The 2010 discovery of the Stuxnet cyberweapon, which used a thumb drive to attack Iran's nuclear facilities and spread among its computers, illustrated how one type of attack could work. Most at risk are paperless e-voting machines, which don’t print out any record of votes, meaning the electronically stored results could be altered without anyone knowing they had been changed.

In a tight election, the result could be the difference between winning and losing. A Monitor analysis shows that four swing states – Pennsylvania, Virginia, Colorado, and Florida – rely to varying degrees on paperless machines.

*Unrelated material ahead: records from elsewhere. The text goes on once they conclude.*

-- ===== src/Binding/Body.antt =====
-- include/cloudevents/binding/common.hpp: the body of a message, copied or moved. A function that
-- takes the body by reference returns it as it leaves it.
use cloudevents_sdk_cpp.Base.{
  Bool, false, not, Option, none, some, [], ◌∷◌, Bytes, length, if◌then◌else◌,
}
use cloudevents_sdk_cpp.Errors.{Result, ok, err, ◌>>=◌}
use cloudevents_sdk_cpp.Headers.{Message}
use cloudevents_sdk_cpp.Platform.{Platform}
use cloudevents_sdk_cpp.Attributes.{is_json_content_type}
use cloudevents_sdk_cpp.Event.{DataT, Event, Builder, build, set_data}
use cloudevents_sdk_cpp.Binding.{DecodeOptions, retains_text_of}

module _ {P : Platform} where
  abbrev pub body_of : DataT P → Bytes → Bytes
  body_of DataT.monostate into = into
  body_of (DataT.binary_data held) into = held
  body_of (DataT.text_data held) into = held
  body_of (DataT.json_document held) into = P.dump_document held
  body_of (DataT.json_text raw) into = raw

  unfoldable pub write_body : Event P → Message → Message
  write_body e into = record into { body = body_of e.rest.payload into.body }

module _ (P : Platform) where
  -- `media_type && is_json_content_type(media_type->view())`
  unfoldable pub declares_json : Option Bytes → Bool
  declares_json none = false
  declares_json (some media_type) = is_json_content_type P media_type

  abbrev pub retained : Bytes → DecodeOptions → P.Document → DataT P
  retained text options document =
      if not (retains_text_of (length text) options)
      then DataT.json_text text
      else DataT.json_document document

  unfoldable pub read_body : Bytes → Option Bytes → DecodeOptions → Result (DataT P)
  read_body [] media_type options = ok DataT.monostate
  read_body (b ∷ bs) media_type options =
      let text : Bytes = b ∷ bs in
      if not (declares_json media_type)
      then ok (DataT.binary_data text)
      else if not options.parse_binary_body
      then ok (DataT.json_text text)
      else (do parsed ← P.parse_document text; ok (retained text options parsed))

  unfoldable pub moves_body : Bytes → Option Bytes → Bool
  moves_body [] media_type = false
  moves_body (b ∷ bs) media_type = not (declares_json media_type)

  -- the bytes taken, and the vector left behind
  unfoldable pub release_bytes : Bytes → Bytes × Bytes
  release_bytes body = (body, [])

  abbrev pub install : Option Bytes → Bytes → Result (Event P) → Result (Event P) × Bytes
  install media_type body (err e) = (err e, body)
  install media_type body (ok built) =
      let (taken, left) = release_bytes body in
      (ok (set_data built (DataT.binary_data taken) media_type), left)

  unfoldable pub build_moving_body : Builder P → Bytes → Result (Event P) × Bytes
  build_moving_body b body =
      install b.rest.datacontenttype body
        (build (record b { rest = record b.rest { datacontenttype = none } }))

  abbrev pub build_with : Builder P → Result (DataT P) → Result (Event P)
  build_with b read = do
    payload ← read
    build (record b { rest = record b.rest { payload = payload } })

  unfoldable pub build_taking_body : Builder P → Bytes → DecodeOptions → Result (Event P) × Bytes
  build_taking_body b body options =
      if moves_body body b.rest.datacontenttype
      then build_moving_body b body
      else (build_with b (read_body body b.rest.datacontenttype options), body)

  unfoldable pub read_body_moving : Bytes → Option Bytes → DecodeOptions → Result (DataT P) × Bytes
  read_body_moving body media_type options =
      if not (moves_body body media_type)
      then (read_body body media_type options, body)
      else let (taken, left) = release_bytes body in (ok (DataT.binary_data taken), left)

  -- how a reader ends that copies the body, once it has read the fields
  abbrev pub copy_body : Message → DecodeOptions → Result (Builder P) → Result (Event P)
  copy_body request options (err e) = err e
  copy_body request options (ok b) =
      build_with b (read_body request.body b.rest.datacontenttype options)

  -- `build_taking_body` on the body of the message
  abbrev pub take_body : Message → DecodeOptions → Result (Builder P) → Result (Event P) × Message
  take_body request options (err e) = (err e, request)
  take_body request options (ok b) =
      let (built, left) = build_taking_body b request.body options in
      (built, record request { body = left })
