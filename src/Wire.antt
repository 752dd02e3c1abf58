-- ===== src/Wire.antt =====
-- include/cloudevents/format/detail/protobuf_wire.hpp. The reader is the bytes that it has not
-- read; an operation returns its result with the bytes left. After a failure no caller reads on.
pub mod Varint
pub mod Fields
use cloudevents_sdk_cpp.Base.{
  ℕ, zero, suc, ◌+◌, ◌*◌, ◌/◌, ◌^◌, ◌%◌, ◌<◌, Bool, true, false, ◌&&◌, ◌||◌, [], ◌∷◌, ◌++◌, Bytes,
  length, take, drop, ltb, leb, ◌==◌, if◌then◌else◌, bit_and, bit_or, arith,
}
use cloudevents_sdk_cpp.Base.Order.{lt_wf}
use cloudevents_sdk_cpp.Errors.{Result, ok, err, fail, parse_error, invalid_utf8, ◌>>=◌}
use cloudevents_sdk_cpp.Utf8.{is_valid_utf8}
use mathlib.Core.Logic.{dite}
use mathlib.Core.WellFounded.{Acc}
use native.Mathlib.Decide.{dec_lt}

abbrev pub max_varint_bytes : ℕ
max_varint_bytes = 10

pub data WireType : Type 0 where
  varint fixed64 length_delimited fixed32 : WireType

-- the enumerators' values
abbrev pub wire_value : WireType → ℕ
wire_value varint = 0
wire_value fixed64 = 1
wire_value length_delimited = 2
wire_value fixed32 = 5

unfoldable pub skippable : ℕ → Bool
skippable kind = kind == 0 || kind == 1 || kind == 2 || kind == 5

-- `static_cast<wire_type>`, of a skippable kind
abbrev pub to_wire_type : ℕ → WireType
to_wire_type kind =
    if kind == 0
    then varint
    else if kind == 1
    then fixed64
    else if kind == 2
    then length_delimited
    else fixed32

pub record FieldHeader : Type 0 where
  pub number : ℕ
  pub kind : WireType

-- `value |= uint64{byte & 0x7f} << (7 * index)`
unfoldable pub add_group : ℕ → ℕ → ℕ → ℕ
add_group value byte index = bit_or value (bit_and byte 0x7f * 2 ^ (7 * index) % 2 ^ 64)

unfoldable pub varint_loop : ℕ → ℕ → Bytes → Result (ℕ × Bytes)
varint_loop index value [] = fail parse_error "a varint is cut short" []
varint_loop index value (byte ∷ rest) =
    let value' = add_group value byte index in
    let more = varint_loop (index + 1) value' rest in
    if index + 1 == max_varint_bytes && ltb 1 byte
    then fail parse_error "a varint does not fit 64 bits" []
    else if bit_and byte 0x80 == 0
    then ok (value', rest)
    else more

unfoldable pub read_varint : Bytes → Result (ℕ × Bytes)
unfolding varint_loop
read_varint rest = varint_loop 0 0 rest

abbrev pub max_field_number : ℕ
max_field_number = 0x1fff_ffff

-- what `read_header` does with the tag
abbrev pub header_of : ℕ → ℕ → Bytes → Result (FieldHeader × Bytes)
header_of number kind rest =
    if number == 0 || ltb max_field_number number
    then fail parse_error "a field number is out of range" []
    else if skippable kind
    then ok (record { number = number; kind = to_wire_type kind }, rest)
    else fail parse_error "a wire type this reader cannot skip (a group)" []

unfoldable pub read_header : Bytes → Result (FieldHeader × Bytes)
read_header rest = do
  (tag, rest') ← read_varint rest
  header_of (tag / 2 ^ 3) (bit_and tag 0x7) rest'

abbrev pub split_body : ℕ → Bytes → Result (Bytes × Bytes)
split_body size rest =
    if ltb (length rest) size
    then fail parse_error "a length runs past the end of the input" []
    else ok (take size rest, drop size rest)

unfoldable pub read_length_delimited : Bytes → Result (Bytes × Bytes)
read_length_delimited rest = do (size, rest') ← read_varint rest; split_body size rest'

abbrev pub skip_fixed : ℕ → Bytes → Result Bytes
skip_fixed size rest =
    if ltb (length rest) size
    then fail parse_error "a fixed-width field is cut short" []
    else ok (drop size rest)

unfoldable pub skip : WireType → Bytes → Result Bytes
skip varint rest = do (_, rest') ← read_varint rest; ok rest'
skip length_delimited rest = do (_, rest') ← read_length_delimited rest; ok rest'
skip fixed64 rest = skip_fixed 8 rest
skip fixed32 rest = skip_fixed 4 rest

unfoldable pub read_text : Bytes → Result Bytes
read_text bytes =
    if is_valid_utf8 bytes
    then ok bytes
    else fail invalid_utf8 "a string field is not well-formed UTF-8" []

-- the bytes that `put_varint` pushes onto `out`; `value >>= 7` is `value / 128`
pub varint_shrinks : (v : ℕ) → 0x7f < v → v / 2 ^ 7 < v
varint_shrinks v h = omega arith

unfoldable pub varint_bytes : (value : ℕ) → Acc ◌<◌ value → Bytes
varint_bytes value (Acc.intro _ below) =
    dite (dec_lt 0x7f value)
      (λ more.
        bit_or (bit_and value 0x7f) 0x80
        ∷ varint_bytes (value / 2 ^ 7) (below (value / 2 ^ 7) (varint_shrinks value more)))
      (λ _. value ∷ [])

unfoldable pub put_varint : Bytes → ℕ → Bytes
unfolding varint_bytes
put_varint out value = out ++ varint_bytes value (lt_wf.apply value)

unfoldable pub put_tag : Bytes → ℕ → WireType → Bytes
put_tag out number kind = put_varint out (bit_or (number * 2 ^ 3) (wire_value kind))

unfoldable pub put_varint_field : Bytes → ℕ → ℕ → Bytes
put_varint_field out number value = put_varint (put_tag out number varint) value

unfoldable pub put_field : Bytes → ℕ → Bytes → Bytes
put_field out number body = put_varint (put_tag out number length_delimited) (length body) ++ body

"The risk of cyber manipulation of these machines is quite real," says Barbara Simons, a computer researcher and author of "Broken Ballots," a book documenting e-voting vulnerabilities. "Most people don't understand that these computer-based voting machines can have software bugs or even election-rigging malicious software in them."

There are plenty of software vulnerabilities to exploit, says Matt Blaze, a computer scientist at the University of Pennsylvania in Philadelphia. In 2007, he was on a team investigating touch-screen and other voting systems for California and Ohio. The resulting study concluded  "virtually every important software security mechanism is vulnerable."

The paperless machines, however, stand out as particularly vulnerable.

"If there's no paper trail, you can have the corrupted software display on the voting-machine screen whatever you want to display – and then after the voter leaves, record something completely different inside," says Richard Kemmerer, a computer scientist who heads the University of California, Santa Barbara, Computer Security Group.

Voting for Pac-Man

For example, Alex Halderman, a researcher at the University of Michigan, and a colleague at Princeton University hacked into a paperless touch-screen voting machine in 2010 and installed the video game Pac-Man. That lab exercise took three afternoons but did not break any tamper-proof seals and left no traces.

Similarly, he and Princeton researchers in 2006 demonstrated that if someone could get a few minutes’ unattended access to a paperless machine, that person could install a software virus that could spread to other machines and switch those machines’ votes before deleting all traces of itself.